When I asked about the specific patterns reported by Grebner, et. al., he replied:
None of these imply that no new data informed the numbers reported for each poll, but if there were new data for each poll the data seems to have been combined with some other information---which is not necessarily bad practice depending on the goal of the polling---and then jittered.
In other words, again, the strange patterns in the Research 2000 data suggest they were produced by some sort of weighting or statistical process, though it is unclear exactly what that process was.
As such, I want to echo the statement issued this morning by the National Council on Public Polls calling for "full disclosure of all relevant information" about the Research 2000 polls in question:
"Releasing this information will allow everyone to make a judgment based on the facts," [NCPP President Evans] Witt added. "Failure to release information leaves allegations unanswered and unanswerable."
In the absence of that disclosure, and unless and until the parties have their day in court, it is also important that we give the Grebner, Weissman and Weissman analysis the respect it deserves and subject it to a thorough "peer review" online. It is all too easy to use a blog to lob sensational accusations at suspicious characters, especially when those accusations are grounded in subjects that are "all but impossible for a lay-person to be able to investigate" unless "you have a degree in statistics" (to quote our colleagues at The Hotline earlier today).
The courts have discovery and cross-examination, academic journals have a slow process of anonymous review. Online, we provide such review through reader comments and deeper analysis posted by "peers" that critique work in something much closer to real time. Examples I've seen already include the comments earlier today by Doug Rivers and the blog post by David Shor. Grebner, et. al. have made a compelling case, but it is vital that we kick the tires on their work before leaping to conclusions. Remember, the truly "full disclosure" that a law suit's discovery process will certainly provide may take months or even years to occur.
We will all have more to say on this subject in the days ahead, but for the moment, I want to echo a point Josh Marshall made yesterday. Research 2000 was not the creation of Daily Kos, nor was it the product of a business model built on ignoring the mainstream media and disseminating data over the internet. "They've been around for some time," Marshall wrote yesterday, "and had developed a pretty solid reputation." Their clients included local television stations plus the following daily newspapers (according to the Research 2000 web site): The Bergen Record, The Raleigh News & Observer, The Concord Monitor, The Manchester Journal Inquirer, The New London Day, The Reno-Gazette, The Fort Lauderdale Sun-Sentinel, The Spokesman-Review, and The St. Louis Post-Dispatch
A colleague asked me yesterday about the "upshot of this situation, how bad is it going to be for the [polling] industry?" The answer depends on where the evidence leads us, of course, but the early implications are ominous. The polling industry cannot simply continue on a business-as-usual course. We must push for complete disclosure as a matter of routine and we need to develop better objective standards for what qualifies as a trustworthy poll.

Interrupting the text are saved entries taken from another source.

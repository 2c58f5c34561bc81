-- ===== src/Pull/Peer/Order.antt =====
-- src/sync/stages/pull/peer.rs: no order of the tasks' steps loses, repeats or reorders a message.
use maestro_symphony.Prelude.{
  ◌≤◌, ◌≡◌, refl, ap, arith, List, [], ◌∷◌, ◌++◌, map, append_assoc, append-nil, length-append,
  Option, none, some, Bool, true, false, ◌||◌, Bytes, length,
}
use mathlib.Core.List.{map-append}
use maestro_symphony.Pull.Fetch.{Header}
use maestro_symphony.Pull.Peer.{
  DecodedMessage, version, verack, unused, ping, inv, headers_message, block_message,
  NetworkMessage, verack_message, pong, mem_pool, get_headers, get_data, Request, new_headers,
  blocks_request, mempool_ids, message_of,
}
use maestro_symphony.Pull.Peer.System.{
  Hand, to_egress, to_headers, to_blocks, Session, start_session, TaskStep, Step, task, ask,
  read_message, deliver, ingress_fails, take_request, take_message, find_no_ingress, find_no_client,
  relay_message, relay_headers, relay_block, fail_message, fail_version, ingress_refused,
  fail_headers, fail_block, write_message, egress_fails, receive_headers, receive_block, notified,
  client_drops, Reach, start, later,
}

abbrev pub to_list : {A : Type 0} → Option A → List A
to_list none = []
to_list (some a) = a ∷ []

-- The parts of a list of messages.
abbrev pub blocks_in : List DecodedMessage → List Bytes
blocks_in [] = []
blocks_in (block_message raw ∷ ms) = raw ∷ blocks_in ms
blocks_in (m ∷ ms) = blocks_in ms

abbrev pub headers_in : List DecodedMessage → List (List Header)
headers_in [] = []
headers_in (headers_message hs ∷ ms) = hs ∷ headers_in ms
headers_in (m ∷ ms) = headers_in ms

abbrev pub has_verack : List DecodedMessage → Bool
has_verack [] = false
has_verack (verack ∷ ms) = true
has_verack (m ∷ ms) = has_verack ms

-- The answers that the handler owes: an acknowledgement to a version and a pong to each ping.
abbrev pub answers_to : List DecodedMessage → List NetworkMessage
answers_to [] = []
answers_to (version ∷ ms) = verack_message ∷ answers_to ms
answers_to (ping nonce ∷ ms) = pong nonce ∷ answers_to ms
answers_to (m ∷ ms) = answers_to ms

abbrev pub answers_in : List NetworkMessage → List NetworkMessage
answers_in [] = []
answers_in (verack_message ∷ ms) = verack_message ∷ answers_in ms
answers_in (pong nonce ∷ ms) = pong nonce ∷ answers_in ms
answers_in (m ∷ ms) = answers_in ms

abbrev pub requests_in : List NetworkMessage → List NetworkMessage
requests_in [] = []
requests_in (get_headers hs ∷ ms) = get_headers hs ∷ requests_in ms
requests_in (get_data is ∷ ms) = get_data is ∷ requests_in ms
requests_in (mem_pool ∷ ms) = mem_pool ∷ requests_in ms
requests_in (m ∷ ms) = requests_in ms

-- What the handler has in hand for each channel.
abbrev pub hand_messages : Hand → List NetworkMessage
hand_messages (to_egress m) = m ∷ []
hand_messages h = []

abbrev pub hand_headers : Hand → List (List Header)
hand_headers (to_headers hs) = hs ∷ []
hand_headers h = []

abbrev pub hand_blocks : Hand → List Bytes
hand_blocks (to_blocks raw) = raw ∷ []
hand_blocks h = []

-- What was sent to the egress, in order.
abbrev pub outgoing : Session → List NetworkMessage
outgoing s = s.written ++ (s.egress ++ hand_messages s.hand)

pub record IsOrderly (s : Session) : Type 0 where
  pub in_order : s.handled ++ (s.ingress ++ to_list s.reading) ≡ s.read
  pub headers_kept : s.got_headers ++ (s.headers ++ hand_headers s.hand) ≡ headers_in s.handled
  pub blocks_kept : s.got_blocks ++ (s.blocks ++ hand_blocks s.hand) ≡ blocks_in s.handled
  pub accepted_in_order : s.accepted ++ s.requests ≡ s.requested
  pub requests_kept : requests_in (outgoing s) ≡ map message_of s.accepted
  pub answers_kept : answers_in (outgoing s) ≡ answers_to s.handled
  pub greeted : s.initialised ≡ has_verack s.handled
  pub requests_fit : length s.requests ≤ 1
  pub ingress_fit : length s.ingress ≤ 1
  pub egress_fit : length s.egress ≤ 1
  pub headers_fit : length s.headers ≤ 20
  pub blocks_fit : length s.blocks ≤ 20

start-IsOrderly : IsOrderly start_session
start-IsOrderly = record {
  in_order = refl;
  headers_kept = refl;
  blocks_kept = refl;
  accepted_in_order = refl;
  requests_kept = refl;
  answers_kept = refl;
  greeted = refl;
  requests_fit = omega arith;
  ingress_fit = omega arith;
  egress_fit = omega arith;
  headers_fit = omega arith;
  blocks_fit = omega arith;
}

headers_in-append : (a b : List DecodedMessage) → headers_in (a ++ b) ≡ headers_in a ++ headers_in b
headers_in-append [] b = refl
headers_in-append (headers_message hs ∷ a) b = ap (λ t. hs ∷ t) (headers_in-append a b)
headers_in-append (version ∷ a) b = headers_in-append a b
headers_in-append (verack ∷ a) b = headers_in-append a b
headers_in-append (unused ∷ a) b = headers_in-append a b
headers_in-append (ping n ∷ a) b = headers_in-append a b
headers_in-append (inv is ∷ a) b = headers_in-append a b
headers_in-append (block_message r ∷ a) b = headers_in-append a b

blocks_in-append : (a b : List DecodedMessage) → blocks_in (a ++ b) ≡ blocks_in a ++ blocks_in b
blocks_in-append [] b = refl
blocks_in-append (m ∷ a) b = ground (arith, blocks_in-append a b)

answers_to-append : (a b : List DecodedMessage) → answers_to (a ++ b) ≡ answers_to a ++ answers_to b
answers_to-append [] b = refl
answers_to-append (m ∷ a) b = ground (arith, answers_to-append a b)

answers_in-append : (a b : List NetworkMessage) → answers_in (a ++ b) ≡ answers_in a ++ answers_in b
answers_in-append [] b = refl
answers_in-append (m ∷ a) b = ground (arith, answers_in-append a b)

requests_in-append :
    (a b : List NetworkMessage) → requests_in (a ++ b) ≡ requests_in a ++ requests_in b
requests_in-append [] b = refl
requests_in-append (m ∷ a) b = ground (arith, requests_in-append a b)

has_verack-append :
    (a b : List DecodedMessage) → has_verack (a ++ b) ≡ (has_verack a || has_verack b)
has_verack-append [] b = refl
has_verack-append (m ∷ a) b = ground (arith, has_verack-append a b)

ruleset appends = (
  arith, append_assoc, append-nil, headers_in-append, blocks_in-append, answers_to-append,
  answers_in-append, requests_in-append, has_verack-append, map-append, length-append,
)

message_of-requests_in : (r : Request) → requests_in (message_of r ∷ []) ≡ message_of r ∷ []
message_of-requests_in (new_headers hs) = refl
message_of-requests_in (blocks_request is) = refl
message_of-requests_in mempool_ids = refl

message_of-answers_in : (r : Request) → answers_in (message_of r ∷ []) ≡ []
message_of-answers_in (new_headers hs) = refl
message_of-answers_in (blocks_request is) = refl
message_of-answers_in mempool_ids = refl

Task-IsOrderly : (s t : Session) → TaskStep s t → IsOrderly s → IsOrderly t
Task-IsOrderly s t (deliver m p f r n) o = grind appends
Task-IsOrderly s t (take_request r rs f h e) o =
    grind (appends, message_of-requests_in r, message_of-answers_in r)
Task-IsOrderly s t (take_message m ms f h e) o = grind appends
Task-IsOrderly s t (relay_message m f h c n) o = grind appends
Task-IsOrderly s t (relay_headers hs f h c n) o = grind appends
Task-IsOrderly s t (relay_block raw f h c n) o = grind appends
Task-IsOrderly s t (write_message m ms c e) o = grind appends

Step-IsOrderly : (s t : Session) → Step s t → IsOrderly s → IsOrderly t
Step-IsOrderly s t (task e) o = Task-IsOrderly s t e o
Step-IsOrderly s t (ask r f n) o = grind appends
Step-IsOrderly s t (read_message m p r) o = grind appends
Step-IsOrderly s t (ingress_fails r) o = grind appends
Step-IsOrderly s t (ingress_refused m x r f) o = grind appends
Step-IsOrderly s t (fail_version f h c) o = grind appends
Step-IsOrderly s t (find_no_ingress f h e c) o = grind appends
Step-IsOrderly s t (find_no_client f h e c) o = grind appends
Step-IsOrderly s t (fail_message m v f h c) o = grind appends
Step-IsOrderly s t (fail_headers hs f h c) o = grind appends
Step-IsOrderly s t (fail_block raw f h c) o = grind appends
Step-IsOrderly s t egress_fails o = grind appends
Step-IsOrderly s t (receive_headers hs more e) o = grind appends
Step-IsOrderly s t (receive_block raw more e) o = grind appends
Step-IsOrderly s t notified o = grind appends
Step-IsOrderly s t client_drops o = grind appends

-- In whatever order the tasks of a session step, and wherever they stop, no message is lost, repeated
-- or overtaken: the messages read are those that the handler took and then those that wait for it;
-- the client's headers and blocks are, in order, those of the messages taken, but for the ones that
-- wait; its requests go out in its order, and a version and each ping are answered in theirs; the
-- client is told of the handshake exactly if a verack was taken. No channel exceeds its capacity.
pub Reach-IsOrderly : {s : Session} → Reach s → IsOrderly s
Reach-IsOrderly start = start-IsOrderly
Reach-IsOrderly (later {s} {t} r e) = Step-IsOrderly s t e (Reach-IsOrderly r)
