-- ===== src/Storage/Artifacts.antt =====
-- Evidence that is uploaded is found again by its URI: by the download, by the verification and by the
-- deletion, which reads the bucket from the URI.
use Prim.Native.Char.{code}
use Prim.Native.String.{◌++◌ as append}
use text.Mathlib.Text.{starts_with}
use text.Mathlib.TextEquality.{starts_with_iff}
use text.Mathlib.TextLemmas.{nil-append, cons-append, append_assoc, prefix-append}
use mathlib.Core.Path.{subst}
use kase_ai.Prelude.{
  ℕ, suc, ◌+◌, String, ◌≡◌, ◌≢◌, refl, sym, ap, ◌∙◌, inl, inr, true, false, not, ◌||◌, Option, none,
  some, length, arith, ◌==◌, string_eq, nat_eq, ok, ok_injective, >>=-eq-ok, throw_if,
  throw_if-eq-ok, or_throw, Bool-cases, drop_chars,
}
use kase_ai.Scope.HostPattern.{count_chars, take_chars}
use kase_ai.Secrets.{Bytes}
use kase_ai.Storage.{
  ObjectStore, IsObjectStore, StoredEvidence, slash, uri_of, key_of, is_verified, key_from_uri,
  next_index, index_of_slash, split_at, parse_s3_uri, missing_object, unverified, upload_evidence,
  download_evidence, verify_evidence,
}

drop_chars-append : (p s : String) → drop_chars (count_chars p) (append p s) ≡ s
drop_chars-append String.[] s = nil-append s
drop_chars-append (String.◌∷◌ c p) s = rw (cons-append c p s) (drop_chars-append p s)

take_chars-append : (p s : String) → take_chars (count_chars p) (append p s) ≡ p
take_chars-append String.[] s = refl
take_chars-append (String.◌∷◌ c p) s =
    rw (cons-append c p s) (ap (String.◌∷◌ c) (take_chars-append p s))

count_chars-append : (p s : String) → count_chars (append p s) ≡ count_chars p + count_chars s
count_chars-append String.[] s = rw (nil-append s) (omega arith)
count_chars-append (String.◌∷◌ c p) s =
    let rest = count_chars-append p s in rw (cons-append c p s) (omega (arith, rest))

starts_with-append : (p s : String) → starts_with (append p s) p ≡ true
starts_with-append p s = (starts_with_iff (append p s) p).1 (prefix-append p s)

slash-eq : (a b : String) → slash a b ≡ append a (String.◌∷◌ "/" b)
slash-eq a b = ap (append a) (cons-append "/" "" b ∙ ap (String.◌∷◌ "/") (nil-append b))

next_index-eq-none : (o : Option ℕ) → next_index o ≡ none → o ≡ none
next_index-eq-none none h = refl
next_index-eq-none (some i) h = cc

-- The bucket of a URI ends where its first slash stands.
index_of_slash-append :
    (b s : String)
    → index_of_slash b ≡ none
    → index_of_slash (append b (String.◌∷◌ "/" s)) ≡ some (count_chars b)
index_of_slash-append String.[] s h = rw (nil-append (String.◌∷◌ "/" s)) refl
index_of_slash-append (String.◌∷◌ c b) s h = elim (Bool-cases (code c == 47)) [
  | inl hit ↦ let bad : Path (Option ℕ) (some 0) none = rw hit at h in cc
  | inr miss ↦
      let later =
        index_of_slash-append b s (next_index-eq-none (index_of_slash b) (rw miss at h)) in
      rw (cons-append c b (String.◌∷◌ "/" s), miss, later) refl
]

drop_chars_after-append :
    (b s : String) → drop_chars (suc (count_chars b)) (append b (String.◌∷◌ "/" s)) ≡ s
drop_chars_after-append String.[] s = rw (nil-append (String.◌∷◌ "/" s)) refl
drop_chars_after-append (String.◌∷◌ c b) s =
    rw (cons-append c b (String.◌∷◌ "/" s)) (drop_chars_after-append b s)

count_chars-ne-zero : (s : String) → s ≢ "" → count_chars s ≢ 0
count_chars-ne-zero String.[] h = elim (h refl) [ ]
count_chars-ne-zero (String.◌∷◌ c s) h = λ e. ground (arith, e)

split_at-append :
    (bucket key : String)
    → bucket ≢ ""
    → key ≢ ""
    → split_at (append bucket (String.◌∷◌ "/" key)) (some (count_chars bucket)) ≡ ok (bucket, key)
split_at-append bucket key some_bucket some_key =
    let whole = count_chars-append bucket (String.◌∷◌ "/" key) in
    let one = count_chars-ne-zero bucket some_bucket in
    let other = count_chars-ne-zero key some_key in
    let inside : (count_chars bucket == 0
          || suc (count_chars bucket) == count_chars (append bucket (String.◌∷◌ "/" key)))
        ≡ false =
      ground (
        arith,
        whole,
        one,
        other,
        nat_eq.eqb_iff (count_chars bucket) 0,
        nat_eq.eqb_iff (suc (count_chars bucket))
            (count_chars (append bucket (String.◌∷◌ "/" key))),
      ) in
    rw (inside, take_chars-append bucket (String.◌∷◌ "/" key), drop_chars_after-append bucket key)
      refl

parse_s3_uri-uri_of :
    (bucket key : String)
    → bucket ≢ ""
    → index_of_slash bucket ≡ none
    → key ≢ ""
    → parse_s3_uri (uri_of bucket key) ≡ ok (bucket, key)
unfolding parse_s3_uri
parse_s3_uri-uri_of bucket key some_bucket one_label some_key =
    let rest : drop_chars 5 (uri_of bucket key) ≡ append bucket (String.◌∷◌ "/" key) =
      drop_chars-append "s3://" (slash bucket key) ∙ slash-eq bucket key in
    rw
      (
        starts_with-append "s3://" (slash bucket key),
        rest,
        index_of_slash-append bucket key one_label,
      )
      (split_at-append bucket key some_bucket some_key)

uri_of-eq :
    (bucket key : String) → uri_of bucket key ≡ append (append "s3://" (append bucket "/")) key
uri_of-eq bucket key =
    ap (append "s3://") (sym (append_assoc bucket "/" key))
    ∙ sym (append_assoc "s3://" (append bucket "/") key)

key_from_uri-uri_of : (bucket key : String) → key_from_uri bucket (uri_of bucket key) ≡ ok key
key_from_uri-uri_of bucket key =
    let prefix = append "s3://" (append bucket "/") in
    subst (λ u. key_from_uri bucket u ≡ ok key) (sym (uri_of-eq bucket key))
      (rw (starts_with-append prefix key, drop_chars-append prefix key) refl)

key_of-ne-empty : (project_id audit_id hash : String) → key_of project_id audit_id hash ≢ ""
key_of-ne-empty project_id audit_id hash e =
    let whole = ap count_chars (sym (slash-eq project_id (slash audit_id hash)) ∙ e) in
    let long = count_chars-append project_id (String.◌∷◌ "/" (slash audit_id hash)) in
    ground (arith, whole, long)

module _ (store : ObjectStore) (sha256_hex : Bytes → String) where
  -- An upload that wrote its object: its URI names the configured bucket and the object's key, and under
  -- it the download has the content, which the verification accepts. The bucket has a name without a slash.
  pub uploaded_evidence_found :
      (bucket project_id audit_id : String) (content : Bytes) (evidence : StoredEvidence)
      (s written s' : store.State)
      → IsObjectStore store
      → bucket ≢ ""
      → index_of_slash bucket ≡ none
      → store.put bucket
          (key_of project_id audit_id (sha256_hex content))
          content
          (sha256_hex content)
          s
        ≡ ok written
      → upload_evidence store sha256_hex bucket project_id audit_id content s ≡ ok (evidence, s')
      → (parse_s3_uri evidence.uri ≡ ok (bucket, key_of project_id audit_id (sha256_hex content)))
        × (download_evidence store sha256_hex bucket evidence.uri s' ≡ ok content)
        × (verify_evidence store sha256_hex bucket evidence.uri evidence.sha256 (length content) s'
            ≡ ok tt)
  unfolding upload_evidence download_evidence verify_evidence
  uploaded_evidence_found bucket project_id audit_id content evidence s written s' sound some_bucket
        one_label put e =
      let hash = sha256_hex content in
      let key = key_of project_id audit_id hash in
      let e₁ = rw put at e in
      let (head, _, e₂) =
        >>=-eq-ok (or_throw (store.head bucket key written) missing_object) _ e₁ in
      let (_, passed, e₃) =
        >>=-eq-ok (throw_if (not (is_verified (length content) hash head)) unverified) _ e₂ in
      let verified = throw_if-eq-ok _ _ passed in
      let out = ok_injective e₃ in
      let accepted : (length content == 0
            || not (length content == length content)
            || not (hash == hash))
          ≡ false =
        ground (
          arith,
          verified,
          string_eq.eqb_iff hash hash,
          nat_eq.eqb_iff (length content) (length content),
          nat_eq.eqb_iff (length content) 0,
          nat_eq.eqb_iff head.content_length (length content),
          nat_eq.eqb_iff head.content_length 0,
        ) in
      subst
        (λ (r : StoredEvidence × store.State).
          (parse_s3_uri r.0.uri ≡ ok (bucket, key))
          × (download_evidence store sha256_hex bucket r.0.uri r.1 ≡ ok content)
          × (verify_evidence store sha256_hex bucket r.0.uri r.0.sha256 (length content) r.1
              ≡ ok tt))
        out
        (
          parse_s3_uri-uri_of bucket key some_bucket one_label
              (key_of-ne-empty project_id audit_id hash),
          rw (key_from_uri-uri_of bucket key, sound.stored bucket key content hash s written put)
              refl,
          rw
              (
                key_from_uri-uri_of bucket key,
                sound.stored bucket key content hash s written put,
                accepted,
              )
              refl,
        )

PS: The Atlantic Wire's Max Fisher has a thorough summary of the first wave of online commentary on the DailyKos/Research 2000 controversy. I'd also recommend the short-but-sweet commentary from Washington Post pollster Jon Cohen:
However this dispute turns out, there's a new, blazing light on the rampant confusion about the right ways to judge poll quality. Saving the longer discussion, one thing is clear: to assess quality, one needs to know the facts. At this point, too little is currently known about the Daily Kos/Research 2000 poll to make definitive statements. (Research 2000 has a record of releasing more information than about their polling than some other prolific providers.)